In between and before those, I have worked at two startups and three other in-
between (in size) organizations, as well as two non-tech giants, over the
course of about 27 years now. Kind of takes my breath away seeing that last
number!

As others here have noted, no matter where you work, one of the most important
things is your manager. I've had good managers and bad managers, and my less
happy time at the previous 'FAANG' was largely due to a bad manager.

Having said that, the department/group you're in is also important. I had a
great manager at one of the large (but not giant) companies but the department
had big problems. It was a relatively comfortable but in the end unproductive
couple of years. (And also why I decided to move on relatively quickly.)

Re: skills to brush up on: honestly, I suggest just start interviewing heavily
and use that as a template to figure out what you need to learn.

The big tech companies have the luxury of having tons of talented, qualified
people trying to work there, and so structure the interviewing process to be
biased toward turning away qualified people rather than accepting unqualified
people.

That means that the interview process can be pretty strenuous.

Re: trying for management: I was a manager briefly, early on in my career, and
decided that I was never going to do that again. I was relatively good at it,
but I didn't like it, so all of my roles have been technical, though of course
a lot of the best things I've accomplished involved large quantities of
'soft', non-technical people work.

Re: fed up with uncertainty. Yup, I totally get that, and it's the main reason
I haven't done more with startups. I value my personal/family time too much,
and always have.

Feel free to contact me directly: diederich@gmail.com

Best of luck.

------
yodsanklai
Same age, I recently interviewed at two FAANG companies.

Mostly algorithms and system design interviews. I thought I did pretty well
(something like 3 very good interviews, 1 good, and 1 ok).
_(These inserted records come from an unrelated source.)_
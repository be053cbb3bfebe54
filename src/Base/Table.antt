-- ===== src/Base/Table.antt =====
-- The rows of an SQL table in the order of their rowids, under SELECT, UPDATE and DELETE with a
-- WHERE. `keep p` is the SELECT, `keep` of the rows without `p` the DELETE.
use mathlib.Core.Path.{◌≡◌, refl}
use mathlib.Core.Bool.{Bool, true, false, not}
use mathlib.Core.Logic.{inl, inr}
use mathlib.Core.List.{List, [], ◌∷◌, ◌++◌, map}
use mathlib.Core.Option.{none, some}
use native.Mathlib.Omega.{arith}
use p2p_server.Base.Tests.{if◌then◌else◌, Option-cases}
use p2p_server.Base.Search.{find, keep, any}

module _ {ℓ} {A : Type ℓ} where
  -- `UPDATE … SET f WHERE p`
  unfoldable pub update_where : (A → Bool) → (A → A) → List A → List A
  update_where p f [] = []
  update_where p f (x ∷ xs) = (if p x then f x else x) ∷ update_where p f xs

  -- `DELETE … WHERE p`
  abbrev pub delete_where : (A → Bool) → List A → List A
  delete_where p = keep (λ x. not (p x))

  pub keep-append : (p : A → Bool) (xs ys : List A) → keep p (xs ++ ys) ≡ keep p xs ++ keep p ys
  unfolding keep
  keep-append p [] ys = refl
  keep-append p (x ∷ xs) ys = ground (arith, keep-append p xs ys)

  -- An UPDATE of rows that a SELECT sees, before or after it.
  pub keep-update_where_in :
      (p q : A → Bool) (f : A → A) (xs : List A)
      → ((x : A) → q x ≡ true → p x ≡ true)
      → ((x : A) → q x ≡ true → p (f x) ≡ true)
      → keep p (update_where q f xs) ≡ update_where q f (keep p xs)
  unfolding keep update_where
  keep-update_where_in p q f [] h k = refl
  keep-update_where_in p q f (x ∷ xs) h k =
      ground (arith, keep-update_where_in p q f xs h k, h x, k x)

  -- An UPDATE of rows that the SELECT does not see.
  pub keep-update_where_out :
      (p q : A → Bool) (f : A → A) (xs : List A)
      → ((x : A) → q x ≡ true → p x ≡ false)
      → ((x : A) → q x ≡ true → p (f x) ≡ false)
      → keep p (update_where q f xs) ≡ keep p xs
  unfolding keep update_where
  keep-update_where_out p q f [] h k = refl
  keep-update_where_out p q f (x ∷ xs) h k =
      ground (arith, keep-update_where_out p q f xs h k, h x, k x)

  pub keep-keep : (p q : A → Bool) (xs : List A) → keep p (keep q xs) ≡ keep q (keep p xs)
  unfolding keep
  keep-keep p q [] = refl
  keep-keep p q (x ∷ xs) = ground (arith, keep-keep p q xs)

  -- A DELETE of rows that the SELECT does not see.
  pub keep-delete_where_out :
      (p q : A → Bool) (xs : List A)
      → ((x : A) → q x ≡ true → p x ≡ false)
      → keep p (delete_where q xs) ≡ keep p xs
  unfolding keep
  keep-delete_where_out p q [] h = refl
  keep-delete_where_out p q (x ∷ xs) h = ground (arith, keep-delete_where_out p q xs h, h x)

  -- A DELETE of the rows that the SELECT sees.
  pub keep-delete_where_self : (p : A → Bool) (xs : List A) → keep p (delete_where p xs) ≡ []
  unfolding keep
  keep-delete_where_self p [] = refl
  keep-delete_where_self p (x ∷ xs) = ground (arith, keep-delete_where_self p xs)

  -- A search for rows that the SELECT sees, before or after it.
  pub any-keep :
      (p q : A → Bool) (xs : List A)
      → ((x : A) → q x ≡ true → p x ≡ true)
      → any q (keep p xs) ≡ any q xs
  unfolding keep any
  any-keep p q [] h = refl
  any-keep p q (x ∷ xs) h = ground (arith, any-keep p q xs h, h x)

  pub find-keep :
      (p q : A → Bool) (xs : List A)
      → ((x : A) → q x ≡ true → p x ≡ true)
      → find q (keep p xs) ≡ find q xs
  unfolding keep find
  find-keep p q [] h = refl
  find-keep p q (x ∷ xs) h = ground (arith, find-keep p q xs h, h x)

  pub any-find-some : (p : A → Bool) (xs : List A) (x : A) → find p xs ≡ some x → any p xs ≡ true
  unfolding find any
  any-find-some p [] x e = cc
  any-find-some p (y ∷ xs) x e = ground (arith, any-find-some p xs x)

  pub any-find-none : (p : A → Bool) (xs : List A) → find p xs ≡ none → any p xs ≡ false
  unfolding find any
  any-find-none p [] e = refl
  any-find-none p (y ∷ xs) e = ground (arith, any-find-none p xs)

  pub any-find : (p : A → Bool) (xs : List A) → any p xs ≡ true → (x : A) × (find p xs ≡ some x)
  any-find p xs e = elim (Option-cases (find p xs)) [
    | inl f ↦ absurd (ground (arith, e, any-find-none p xs f))
    | inr h ↦ h
  ]

-- Rows that stand for values.
module _ {ℓ} {A B : Type ℓ} (g : A → B) where
  pub any-map :
      (q : B → Bool) (p : A → Bool) (xs : List A)
      → ((x : A) → q (g x) ≡ p x)
      → any q (map g xs) ≡ any p xs
  unfolding any
  any-map q p [] h = refl
  any-map q p (x ∷ xs) h = ground (arith, any-map q p xs h, h x)

  pub find-map-some :
      (q : B → Bool) (p : A → Bool) (xs : List A) (x : A)
      → ((x : A) → q (g x) ≡ p x)
      → find p xs ≡ some x
      → find q (map g xs) ≡ some (g x)
  unfolding find
  find-map-some q p [] x h e = cc
  find-map-some q p (y ∷ xs) x h e = ground (arith, find-map-some q p xs x h, h y)

  pub find-map-none :
      (q : B → Bool) (p : A → Bool) (xs : List A)
      → ((x : A) → q (g x) ≡ p x)
      → find p xs ≡ none
      → find q (map g xs) ≡ none
  unfolding find
  find-map-none q p [] h e = refl
  find-map-none q p (y ∷ xs) h e = ground (arith, find-map-none q p xs h, h y)

  pub keep-map :
      (q : B → Bool) (p : A → Bool) (xs : List A)
      → ((x : A) → q (g x) ≡ p x)
      → keep q (map g xs) ≡ map g (keep p xs)
  unfolding keep
  keep-map q p [] h = refl
  keep-map q p (x ∷ xs) h = ground (arith, keep-map q p xs h, h x)

  pub update_where-map :
      (q : B → Bool) (f : B → B) (p : A → Bool) (k : A → A) (xs : List A)
      → ((x : A) → q (g x) ≡ p x)
      → ((x : A) → p x ≡ true → f (g x) ≡ g (k x))
      → update_where q f (map g xs) ≡ map g (update_where p k xs)
  unfolding update_where
  update_where-map q f p k [] h e = refl
  update_where-map q f p k (x ∷ xs) h e = ground (arith, update_where-map q f p k xs h e, h x, e x)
In both cases, the
conclusion was that my results were good enough for an L4 position, but they
wouldn't hire me for less than L5. (Why not, I'd be happy as an L4...). Also,
I found the interview process pretty random and arbitrary. One company praised
my algorithmic skills, while the other said that I did very well on system
design). They encouraged me to re-apply.

I'm not concerned about the actual job, I don't feel less capable than my 30
year old self. I'm more knowledgeable, and I have more experience with human
interactions.

The interviewers all told me that you don't have to be a manager if you don't
want to, and that good developers were always valued, regardless of their age.
I don't know how much of this is true though. I can't help thinking that my
age had played against me in the final decision.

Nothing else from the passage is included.